__Exercise description__: Print verbatim the lines of the entries from the one containing "let (c, m, k)" to the last, inclusive, and no others.
────────────────────────────────────────
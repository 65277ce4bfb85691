-- ===== src/Text/Affixes.antt =====
-- What `startswith`, `endswith`, `in` and the slices from the end say of a text.
use decision_memory.Prelude.{
  ℕ, ◌+◌, ◌-◌, ◌≤◌, ◌≡◌, refl, sym, ap, ◌∙◌, true, [], ◌∷◌, ◌++◌, arith, le→leb, nat_beq,
  nat_beq_iff, nat_eq, list_eq, ==_refl, length, length-append, take-append-drop, take-append,
  drop-append, Bool-cases, &&-true, inl, inr,
}
use decision_memory.Text.{Text, drop_last, last_char, starts_with, ends_with, is_substring}

pub drop_last-append : (p s : Text) → drop_last (length s) (p ++ s) ≡ p
drop_last-append p s =
    rw (length-append p s)
      (let e : length p + length s - length s ≡ length p = omega arith in rw e (take-append p s))

pub last_char-append : (p : Text) (c : ℕ) → last_char (p ++ c ∷ []) ≡ c ∷ []
last_char-append p c =
    rw (length-append p (c ∷ []))
      (let e : length p + 1 - 1 ≡ length p = omega arith in rw e (drop-append p (c ∷ [])))

pub ends_with-append : (p s : Text) → ends_with (p ++ s) s ≡ true
ends_with-append p s =
    let e : length p + length s - length s ≡ length p = omega arith in
    rw
      (length-append p s, le→leb (length s) (length p + length s) (omega arith), e, drop-append p s)
      (==_refl s)

pub ends_with→append : (t s : Text) → ends_with t s ≡ true → drop_last (length s) t ++ s ≡ t
ends_with→append t s h =
    let (_, same) = &&-true _ _ h in
    ap (λ r. drop_last (length s) t ++ r) (sym ((list_eq.beq_iff _ _).0 same))
    ∙ take-append-drop (length t - length s) t

-- A text that is not empty is its beginning and its last character.
pub append-last : (t : Text) → 1 ≤ length t → (p : Text) × (c : ℕ) × (t ≡ p ++ c ∷ [])
append-last [] h = absurd (omega arith)
append-last (c ∷ []) h = ([], c, refl)
append-last (c ∷ d ∷ t) h =
    let (p, e, same) = append-last (d ∷ t) (omega arith) in (c ∷ p, e, ap (λ r. c ∷ r) same)

pub starts_with-append : (p s : Text) → starts_with (p ++ s) p ≡ true
starts_with-append [] [] = refl
starts_with-append [] (d ∷ s) = refl
starts_with-append (c ∷ p) s = ground (arith, starts_with-append p s)

pub starts_with→append : (s p : Text) → starts_with s p ≡ true → (r : Text) × (s ≡ p ++ r)
starts_with→append s [] h = (s, refl)
starts_with→append [] (d ∷ p) h = cc
starts_with→append (c ∷ s) (d ∷ p) h =
    let (first, rest) = &&-true (nat_beq c d) (starts_with s p) h in
    let (r, same) = starts_with→append s p rest in (r, λ i. (nat_beq_iff c d).0 first i ∷ same i)

-- `t in s` exactly when `s` is `t` with some text on each side.
pub is_substring→append :
    (t s : Text) → is_substring t s ≡ true → (p : Text) × (r : Text) × (s ≡ p ++ (t ++ r))
is_substring→append [] [] h = ([], [], refl)
is_substring→append (d ∷ t) [] h = cc
is_substring→append t (c ∷ s) h = elim (Bool-cases (starts_with (c ∷ s) t)) [
  | inl now ↦ let (r, same) = starts_with→append (c ∷ s) t now in ([], r, same)
  | inr later ↦
      let (p, r, same) = is_substring→append t s (ground arith) in (c ∷ p, r, ap (λ u. c ∷ u) same)
]

pub is_substring-append : (p t r : Text) → is_substring t (p ++ (t ++ r)) ≡ true
is_substring-append [] [] [] = refl
is_substring-append [] [] (c ∷ r) = refl
is_substring-append [] (d ∷ t) r = rw (starts_with-append (d ∷ t) r)
is_substring-append (c ∷ p) t r = rw (is_substring-append p t r) (ground arith)
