-- ===== src/Morphology/Rules.antt =====
-- The five rules of the family's description, as a relation between a token and an inflection of it.
use decision_memory.Prelude.{ℕ, ◌≤◌, ◌≡◌, ◌⊎◌, [], ◌∷◌, ◌++◌, In, length}
use decision_memory.Text.{Text, codes}
use decision_memory.Morphology.{inflection_suffixes, min_stem_length, tail_suffixes, y_suffixes}

-- `longer` comes from `shorter` by one of the four inflection rules.
pub data Inflects (shorter longer : Text) : Type 0 where
  plain :
      (suffix : Text)
      → In suffix inflection_suffixes
      → min_stem_length ≤ length shorter
      → longer ≡ shorter ++ suffix
      → Inflects shorter longer
  final_e :
      (stem suffix : Text)
      → In suffix tail_suffixes
      → min_stem_length ≤ length shorter
      → shorter ≡ stem ++ codes "e"
      → longer ≡ stem ++ suffix
      → Inflects shorter longer
  doubled :
      (stem : Text) (c : ℕ) (suffix : Text)
      → In suffix tail_suffixes
      → min_stem_length ≤ length shorter
      → shorter ≡ stem ++ c ∷ []
      → longer ≡ shorter ++ (c ∷ suffix)
      → Inflects shorter longer
  final_y :
      (stem suffix : Text)
      → In suffix y_suffixes
      → min_stem_length ≤ length shorter
      → shorter ≡ stem ++ codes "y"
      → longer ≡ stem ++ (codes "i" ++ suffix)
      → Inflects shorter longer

-- With the rule of exact equality.
abbrev pub IsBase : Text → Text → Type 0
IsBase base token = (base ≡ token) ⊎ Inflects base token
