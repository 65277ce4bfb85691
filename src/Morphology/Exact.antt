-- ===== src/Morphology/Exact.antt =====
-- The functions of morphology.py compute exactly what the rules say.
use decision_memory.Prelude.{
  leb, lt→ltb, leb→le, le→leb, &&-true, ◌==◌, nat_eq, pair_eq, list_eq, ==_refl, length,
  length-append, In-append_left, In-append_right, In-append, In-if, In-singleton, In-concat_map,
  In→concat_map, In, here, there, ℕ, ◌≤◌, ◌≡◌, refl, sym, ap, ◌∙◌, subst, ◌↔◌, inl, inr, true, ◌&&◌,
  [], ◌∷◌, ◌++◌, append_assoc, arith,
}
use decision_memory.Text.{Text, codes, drop_last, last_char, second_last_char, ends_with}
use decision_memory.Text.Affixes.{
  drop_last-append, last_char-append, ends_with-append, ends_with→append, append-last,
}
use decision_memory.Morphology.{
  inflection_suffixes, min_stem_length, tail_suffixes, y_suffixes, add_base, carries, plain_bases,
  doubled_bases, tail_bases, y_bases, base_set,
}
use decision_memory.Morphology.Rules.{IsBase, Inflects, plain, final_e, doubled, final_y}

In-add_base : {b : Text} (c : Text) → In b (add_base c) → (c ≡ b) × (min_stem_length ≤ length b)
In-add_base c m =
    let (long, only) = In-if (leb min_stem_length (length c)) (c ∷ []) m in
    let e = In-singleton only in (e, subst (λ t. min_stem_length ≤ length t) e (leb→le _ _ long))

add_base-In : (c : Text) → min_stem_length ≤ length c → In c (add_base c)
add_base-In c long = rw (le→leb _ _ long) (here refl)

carries→append :
    (token suffix : Text)
    → carries token suffix ≡ true
    → drop_last (length suffix) token ++ suffix ≡ token
carries→append token suffix h = ends_with→append token suffix (&&-true _ _ h).0

carries-append : (p s : Text) → 1 ≤ length p → carries (p ++ s) s ≡ true
carries-append p s h = rw (ends_with-append p s) (lt→ltb _ _ (rw (length-append p s) (omega arith)))

In-plain_bases :
    {b : Text} (token suffix : Text)
    → In suffix inflection_suffixes
    → In b (plain_bases token suffix)
    → Inflects b token
unfolding plain_bases
In-plain_bases {b} token suffix listed m =
    let (t, added) = In-if (carries token suffix) _ m in
    let (e, long) = In-add_base _ added in
    plain suffix listed long
      (subst (λ s. token ≡ s ++ suffix) e (sym (carries→append token suffix t)))

plain_bases-In :
    (b suffix : Text) → min_stem_length ≤ length b → In b (plain_bases (b ++ suffix) suffix)
unfolding plain_bases
plain_bases-In b suffix long =
    rw (carries-append b suffix (omega arith), drop_last-append b suffix) (add_base-In b long)

-- A text whose last two characters are the same one.
doubled-append :
    (t : Text)
    → 2 ≤ length t
    → last_char t ≡ second_last_char t
    → (p : Text) × (c : ℕ) × (t ≡ (p ++ c ∷ []) ++ c ∷ []) × (drop_last 1 t ≡ p ++ c ∷ [])
doubled-append t long same =
    let (q, d, e) = append-last t (omega arith) in
    let q_long : 1 ≤ length q = omega (arith, ap length e ∙ length-append q (d ∷ [])) in
    let (p, c, f) = append-last q q_long in
    let shorter : drop_last 1 t ≡ q = ap (drop_last 1) e ∙ drop_last-append q (d ∷ []) in
    let twice : d ∷ [] ≡ c ∷ [] =
      sym (last_char-append q d)
      ∙ sym (ap last_char e)
      ∙ same
      ∙ ap last_char shorter
      ∙ ap last_char f
      ∙ last_char-append p c in
    (p, c, e ∙ (λ i. f i ++ twice i), shorter ∙ f)

In-doubled_bases :
    {b : Text} (trimmed suffix : Text)
    → In suffix tail_suffixes
    → In b (doubled_bases trimmed)
    → Inflects b (trimmed ++ suffix)
In-doubled_bases {b} trimmed suffix listed m =
    let (t, added) =
      In-if (leb 2 (length trimmed) && last_char trimmed == second_last_char trimmed) _ m in
    let (two, same) = &&-true _ _ t in
    let (e, long) = In-add_base _ added in
    let (p, c, whole, part) =
      doubled-append trimmed (leb→le _ _ two) ((list_eq.beq_iff _ _).0 same) in
    let b_is : b ≡ p ++ c ∷ [] = sym e ∙ part in
    doubled p c suffix listed long b_is (
      ap (λ s. s ++ suffix) (whole ∙ ap (λ s. s ++ c ∷ []) (sym b_is))
      ∙ append_assoc b (c ∷ []) suffix)

doubled_bases-In :
    (p : Text) (c : ℕ)
    → min_stem_length ≤ length (p ++ c ∷ [])
    → In (p ++ c ∷ []) (doubled_bases ((p ++ c ∷ []) ++ c ∷ []))
doubled_bases-In p c long =
    let q = p ++ c ∷ [] in
    let two : leb 2 (length (q ++ c ∷ [])) ≡ true =
      le→leb _ _ (rw (length-append q (c ∷ [])) (omega arith)) in
    let same : (last_char (q ++ c ∷ []) == second_last_char (q ++ c ∷ [])) ≡ true =
      rw (last_char-append q c, drop_last-append q (c ∷ []), last_char-append p c)
        (==_refl (c ∷ [])) in
    rw (two, same, drop_last-append q (c ∷ [])) (add_base-In q long)

In-tail_bases :
    {b : Text} (token suffix : Text)
    → In suffix tail_suffixes
    → In b (tail_bases token suffix)
    → Inflects b token
unfolding tail_bases
In-tail_bases {b} token suffix listed m =
    let trimmed = drop_last (length suffix) token in
    let (t, either) = In-if (carries token suffix) _ m in
    elim (In-append (add_base (trimmed ++ codes "e")) (doubled_bases trimmed) either) [
      | inl added ↦
          let (e, long) = In-add_base _ added in
          final_e trimmed suffix listed long (sym e) (sym (carries→append token suffix t))
      | inr twice ↦
          subst (Inflects b) (carries→append token suffix t)
            (In-doubled_bases trimmed suffix listed twice)
    ]

tail_bases-In_final_e :
    (p suffix : Text)
    → min_stem_length ≤ length (p ++ codes "e")
    → In (p ++ codes "e") (tail_bases (p ++ suffix) suffix)
unfolding tail_bases
tail_bases-In_final_e p suffix long =
    let short : 1 ≤ length p = omega (arith, long, length-append p (codes "e")) in
    rw (carries-append p suffix short, drop_last-append p suffix)
      (In-append_left _ (add_base-In (p ++ codes "e") long))

tail_bases-In_doubled :
    (p : Text) (c : ℕ) (suffix : Text)
    → min_stem_length ≤ length (p ++ c ∷ [])
    → In (p ++ c ∷ []) (tail_bases (((p ++ c ∷ []) ++ c ∷ []) ++ suffix) suffix)
unfolding tail_bases
tail_bases-In_doubled p c suffix long =
    let q = p ++ c ∷ [] in
    let short : 1 ≤ length (q ++ c ∷ []) = rw (length-append q (c ∷ [])) (omega arith) in
    rw (carries-append (q ++ c ∷ []) suffix short, drop_last-append (q ++ c ∷ []) suffix)
      (In-append_right (add_base ((q ++ c ∷ []) ++ codes "e")) (doubled_bases-In p c long))

In-y_bases :
    {b : Text} (token suffix : Text)
    → In suffix y_suffixes
    → In b (y_bases token suffix)
    → Inflects b token
unfolding y_bases
In-y_bases {b} token suffix listed m =
    let trimmed = drop_last (length suffix) token in
    let (t, added) = In-if (carries token suffix && ends_with trimmed (codes "i")) _ m in
    let (ends, with_i) = &&-true _ _ t in
    let (e, long) = In-add_base _ added in
    final_y (drop_last 1 trimmed) suffix listed long (sym e) (
      sym (carries→append token suffix ends)
      ∙ ap (λ s. s ++ suffix) (sym (ends_with→append trimmed (codes "i") with_i))
      ∙ append_assoc (drop_last 1 trimmed) (codes "i") suffix)

y_bases-In :
    (p suffix : Text)
    → min_stem_length ≤ length (p ++ codes "y")
    → In (p ++ codes "y") (y_bases ((p ++ codes "i") ++ suffix) suffix)
unfolding y_bases
y_bases-In p suffix long =
    let short : 1 ≤ length (p ++ codes "i") = rw (length-append p (codes "i")) (omega arith) in
    rw
      (
        carries-append (p ++ codes "i") suffix short,
        drop_last-append (p ++ codes "i") suffix,
        ends_with-append p (codes "i"),
        drop_last-append p (codes "i"),
      )
      (add_base-In (p ++ codes "y") long)

base_set_sound : (b token : Text) → In b (base_set token) → IsBase b token
unfolding base_set
base_set_sound b token (here e) = inl (sym e)
base_set_sound b token (there m) = elim (In-append _ _ m) [
  | inl m₁ ↦
      let (s, listed, k) = In-concat_map (plain_bases token) inflection_suffixes m₁ in
      inr (In-plain_bases token s listed k)
  | inr m₂ ↦ elim (In-append _ _ m₂) [
    | inl m₃ ↦
        let (s, listed, k) = In-concat_map (tail_bases token) tail_suffixes m₃ in
        inr (In-tail_bases token s listed k)
    | inr m₄ ↦
        let (s, listed, k) = In-concat_map (y_bases token) y_suffixes m₄ in
        inr (In-y_bases token s listed k)
  ]
]

Inflects→In-base_set : (b token : Text) → Inflects b token → In b (base_set token)
unfolding base_set
Inflects→In-base_set b token (plain suffix listed long e) = rw e (
    there (
      In-append_left _ (
        In→concat_map (plain_bases (b ++ suffix)) inflection_suffixes listed
          (plain_bases-In b suffix long))))
Inflects→In-base_set b token (final_e p suffix listed long e f) =
    rw (e, f)
      (there (
        In-append_right _ (
          In-append_left _ (
            In→concat_map (tail_bases (p ++ suffix)) tail_suffixes listed
              (tail_bases-In_final_e p suffix (subst (λ s. min_stem_length ≤ length s) e long))))))
Inflects→In-base_set b token (doubled p c suffix listed long e f) =
    let q = p ++ c ∷ [] in
    let whole : token ≡ (q ++ c ∷ []) ++ suffix =
      f ∙ ap (λ s. s ++ (c ∷ suffix)) e ∙ sym (append_assoc q (c ∷ []) suffix) in
    rw (e, whole)
      (there (
        In-append_right _ (
          In-append_left _ (
            In→concat_map (tail_bases ((q ++ c ∷ []) ++ suffix)) tail_suffixes listed (
              tail_bases-In_doubled p c suffix (subst (λ s. min_stem_length ≤ length s) e long))))))
Inflects→In-base_set b token (final_y p suffix listed long e f) =
    let whole : token ≡ (p ++ codes "i") ++ suffix = f ∙ sym (append_assoc p (codes "i") suffix) in
    rw (e, whole)
      (there (
        In-append_right _ (
          In-append_right _ (
            In→concat_map (y_bases ((p ++ codes "i") ++ suffix)) y_suffixes listed
              (y_bases-In p suffix (subst (λ s. min_stem_length ≤ length s) e long))))))

-- The base set of a token holds the token, and what it is an inflection of by one of the rules,
-- and nothing else.
pub base_set-exact : (b token : Text) → In b (base_set token) ↔ IsBase b token
unfolding base_set
base_set-exact b token = (base_set_sound b token, other)
  where
    other : IsBase b token → In b (base_set token)
    other (inl e) = here (sym e)
    other (inr rule) = Inflects→In-base_set b token rule
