-- ===== src/Morphology/Match.antt =====
-- The two matchers of morphology.py, and how they compare.
use decision_memory.Prelude.{
  ltb, Bool-cases, &&-true, ||-true, ||-left, ||-right, Bool-ext, ◌==◌, nat_eq, pair_eq, list_eq,
  length, any, length-append, any→In, contains, contains→In, In→contains, In→any, All→In, In, ◌≤◌,
  ◌<◌, ◌≡◌, refl, sym, ap, ◌∙◌, ◌↔◌, ◌⊎◌, inl, inr, true, false, ◌&&◌, ◌||◌, [], ◌∷◌, ◌++◌, arith,
}
use decision_memory.Text.{Text, codes, drop_last, last_char, ends_with}
use decision_memory.Text.Affixes.{
  drop_last-append, last_char-append, ends_with-append, ends_with→append, append-last,
}
use decision_memory.Morphology.{
  inflection_suffixes, min_stem_length, tail_suffixes, y_suffixes, plain_test, tail_test, y_test,
  stem_match_ordered, stem_match, base_set, base_sets_intersect,
}
use decision_memory.Morphology.Rules.{IsBase, Inflects, plain, final_e, doubled, final_y}
use decision_memory.Morphology.Exact.{base_set-exact}

text_eq : (s t : Text) → (s == t) ≡ true → s ≡ t
text_eq s t = (list_eq.beq_iff s t).0

eq_text : (s t : Text) → s ≡ t → (s == t) ≡ true
eq_text s t = (list_eq.beq_iff s t).1

module _ (s l : Text) (long : min_stem_length ≤ length s) where
  plain_test→Inflects :
      (suffix : Text) → In suffix inflection_suffixes → plain_test s l suffix ≡ true → Inflects s l
  plain_test→Inflects suffix listed h = plain suffix listed long (text_eq _ _ h)

  tail_test→Inflects :
      (suffix : Text) → In suffix tail_suffixes → tail_test s l suffix ≡ true → Inflects s l
  tail_test→Inflects suffix listed h =
      elim (||-true (ends_with s (codes "e") && l == drop_last 1 s ++ suffix) _ h) [
        | inl t ↦
            let (ends, same) = &&-true (ends_with s (codes "e")) _ t in
            final_e (drop_last 1 s) suffix listed long (sym (ends_with→append s (codes "e") ends))
              (text_eq _ _ same)
        | inr t ↦
            let (p, c, e) = append-last s (omega arith) in
            let last : last_char s ≡ c ∷ [] = ap last_char e ∙ last_char-append p c in
            doubled p c suffix listed long e (text_eq l _ t ∙ ap (λ u. s ++ (u ++ suffix)) last)
      ]

  y_test→Inflects : (suffix : Text) → In suffix y_suffixes → y_test s l suffix ≡ true → Inflects s l
  y_test→Inflects suffix listed h =
      let (ends, same) = &&-true (ends_with s (codes "y")) _ h in
      final_y (drop_last 1 s) suffix listed long (sym (ends_with→append s (codes "y") ends))
        (text_eq _ _ same)

  tests→Inflects :
      (any (plain_test s l) inflection_suffixes
          || (any (tail_test s l) tail_suffixes || any (y_test s l) y_suffixes))
        ≡ true
      → Inflects s l
  tests→Inflects h = elim (||-true (any (plain_test s l) inflection_suffixes) _ h) [
    | inl t ↦
        let (x, listed, test) = any→In (plain_test s l) inflection_suffixes t in
        plain_test→Inflects x listed test
    | inr t ↦ elim (||-true (any (tail_test s l) tail_suffixes) _ t) [
      | inl u ↦
          let (x, listed, test) = any→In (tail_test s l) tail_suffixes u in
          tail_test→Inflects x listed test
      | inr u ↦
          let (x, listed, test) = any→In (y_test s l) y_suffixes u in y_test→Inflects x listed test
    ]
  ]

stem_match_ordered→Inflects : (s l : Text) → stem_match_ordered s l ≡ true → Inflects s l
unfolding stem_match_ordered
stem_match_ordered→Inflects s l h = elim (Bool-cases (ltb (length s) min_stem_length)) [
  | inl short ↦ let impossible : false ≡ true = rw short at h in (cc)
  | inr other ↦ tests→Inflects s l (ground arith) (rw other at h)
]

Inflects→stem_match_ordered : (s l : Text) → Inflects s l → stem_match_ordered s l ≡ true
unfolding stem_match_ordered
Inflects→stem_match_ordered s l (plain suffix listed long e) =
    let test : plain_test s l suffix ≡ true = eq_text _ _ e in
    ground (arith, In→any (plain_test s l) inflection_suffixes listed test)
Inflects→stem_match_ordered s l (final_e p suffix listed long e f) =
    let test : tail_test s l suffix ≡ true =
      rw (e, f, ends_with-append p (codes "e"), drop_last-append p (codes "e"))
        (||-left _ (eq_text (p ++ suffix) _ refl)) in
    ground (arith, In→any (tail_test s l) tail_suffixes listed test)
Inflects→stem_match_ordered s l (doubled p c suffix listed long e f) =
    let last : last_char s ≡ c ∷ [] = ap last_char e ∙ last_char-append p c in
    let test : tail_test s l suffix ≡ true =
      ||-right _ (eq_text l _ (f ∙ ap (λ u. s ++ (u ++ suffix)) (sym last))) in
    ground (arith, In→any (tail_test s l) tail_suffixes listed test)
Inflects→stem_match_ordered s l (final_y p suffix listed long e f) =
    let test : y_test s l suffix ≡ true =
      rw (e, f, ends_with-append p (codes "y"), drop_last-append p (codes "y"))
        (eq_text (p ++ (codes "i" ++ suffix)) _ refl) in
    ground (arith, In→any (y_test s l) y_suffixes listed test)

-- An inflection is longer than what it comes from.
suffix_length : {x : Text} → In x inflection_suffixes → 1 ≤ length x
suffix_length m = All→In (λ x. 1 ≤ length x) (omega arith) m

tail_length : {x : Text} → In x tail_suffixes → 2 ≤ length x
tail_length m = All→In (λ x. 2 ≤ length x) (omega arith) m

y_length : {x : Text} → In x y_suffixes → 2 ≤ length x
y_length m = All→In (λ x. 2 ≤ length x) (omega arith) m

Inflects-length-lt : (s l : Text) → Inflects s l → length s < length l
Inflects-length-lt s l (plain x listed long e) =
    omega (arith, ap length e, length-append s x, suffix_length listed)
Inflects-length-lt s l (final_e p x listed long e f) = omega (
  arith,
  ap length e,
  ap length f,
  length-append p (codes "e"),
  length-append p x,
  tail_length listed,
)
Inflects-length-lt s l (doubled p c x listed long e f) =
    omega (arith, ap length f, length-append s (c ∷ x))
Inflects-length-lt s l (final_y p x listed long e f) = omega (
  arith,
  ap length e,
  ap length f,
  length-append p (codes "y"),
  length-append p (codes "i" ++ x),
  y_length listed,
)

stem_match→rules : (a b : Text) → stem_match a b ≡ true → IsBase a b ⊎ Inflects b a
unfolding stem_match
stem_match→rules a b h = elim (Bool-cases (a == b)) [
  | inl same ↦ inl (inl (text_eq a b same))
  | inr differ ↦ elim (Bool-cases (ltb (length a) (length b))) [
    | inl shorter ↦ inl (inr (stem_match_ordered→Inflects a b (ground arith)))
    | inr longer ↦ inr (stem_match_ordered→Inflects b a (ground arith))
  ]
]

rules→stem_match : (a b : Text) → IsBase a b ⊎ Inflects b a → stem_match a b ≡ true
unfolding stem_match
rules→stem_match a b (inl (inl same)) = ground (arith, eq_text a b same)
rules→stem_match a b (inl (inr rule)) =
    ground (arith, Inflects→stem_match_ordered a b rule, Inflects-length-lt a b rule)
rules→stem_match a b (inr rule) =
    ground (arith, Inflects→stem_match_ordered b a rule, Inflects-length-lt b a rule)

-- The directional matcher accepts two tokens exactly when they are equal, or one of them comes
-- from the other by one of the four inflection rules.
pub stem_match-exact : (a b : Text) → (stem_match a b ≡ true) ↔ (IsBase a b ⊎ Inflects b a)
stem_match-exact a b = (stem_match→rules a b, rules→stem_match a b)

-- Two tokens share a base exactly when some text is a base of both by the rules.
base_sets_intersect-exact :
    (a b : Text) → (base_sets_intersect a b ≡ true) ↔ ((c : Text) × IsBase c a × IsBase c b)
unfolding base_sets_intersect
base_sets_intersect-exact a b = (there_is, found)
  where
    there_is : base_sets_intersect a b ≡ true → (c : Text) × IsBase c a × IsBase c b
    there_is h =
        let (c, m, k) = any→In (contains (base_set b)) (base_set a) h in
        (c, (base_set-exact c a).0 m, (base_set-exact c b).0 (contains→In (base_set b) c k))

    found : (c : Text) × IsBase c a × IsBase c b → base_sets_intersect a b ≡ true
    found (c, p, q) =
        In→any (contains (base_set b)) (base_set a) ((base_set-exact c a).1 p)
          (In→contains (base_set b) c ((base_set-exact c b).1 q))

-- Sharing a base does not depend on the order of the tokens.
pub base_sets_intersect_comm : (a b : Text) → base_sets_intersect a b ≡ base_sets_intersect b a
base_sets_intersect_comm a b = Bool-ext (swapped a b) (swapped b a)
  where
    swapped : (x y : Text) → base_sets_intersect x y ≡ true → base_sets_intersect y x ≡ true
    swapped x y h =
        let (c, p, q) = (base_sets_intersect-exact x y).0 h in
        (base_sets_intersect-exact y x).1 (c, q, p)

-- Every pair that the directional matcher accepts shares a base.
pub stem_match→base_sets_intersect :
    (a b : Text) → stem_match a b ≡ true → base_sets_intersect a b ≡ true
stem_match→base_sets_intersect a b h = elim ((stem_match-exact a b).0 h) [
  | inl base ↦ (base_sets_intersect-exact a b).1 (a, inl refl, base)
  | inr rule ↦ (base_sets_intersect-exact a b).1 (b, inr rule, inl refl)
]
────────────────────────────────────────
__Exercise solution__:
        let (c, m, k) = any→In (contains (base_set b)) (base_set a) h in
        (c, (base_set-exact c a).0 m, (base_set-exact c b).0 (contains→In (base_set b) c k))

    found : (c : Text) × IsBase c a × IsBase c b → base_sets_intersect a b ≡ true
    found (c, p, q) =
        In→any (contains (base_set b)) (base_set a) ((base_set-exact c a).1 p)
          (In→contains (base_set b) c ((base_set-exact c b).1 q))

-- Sharing a base does not depend on the order of the tokens.
pub base_sets_intersect_comm : (a b : Text) → base_sets_intersect a b ≡ base_sets_intersect b a
base_sets_intersect_comm a b = Bool-ext (swapped a b) (swapped b a)
  where
    swapped : (x y : Text) → base_sets_intersect x y ≡ true → base_sets_intersect y x ≡ true
    swapped x y h =
        let (c, p, q) = (base_sets_intersect-exact x y).0 h in
        (base_sets_intersect-exact y x).1 (c, q, p)

-- Every pair that the directional matcher accepts shares a base.
pub stem_match→base_sets_intersect :
    (a b : Text) → stem_match a b ≡ true → base_sets_intersect a b ≡ true
stem_match→base_sets_intersect a b h = elim ((stem_match-exact a b).0 h) [
  | inl base ↦ (base_sets_intersect-exact a b).1 (a, inl refl, base)
  | inr rule ↦ (base_sets_intersect-exact a b).1 (b, inr rule, inl refl)
]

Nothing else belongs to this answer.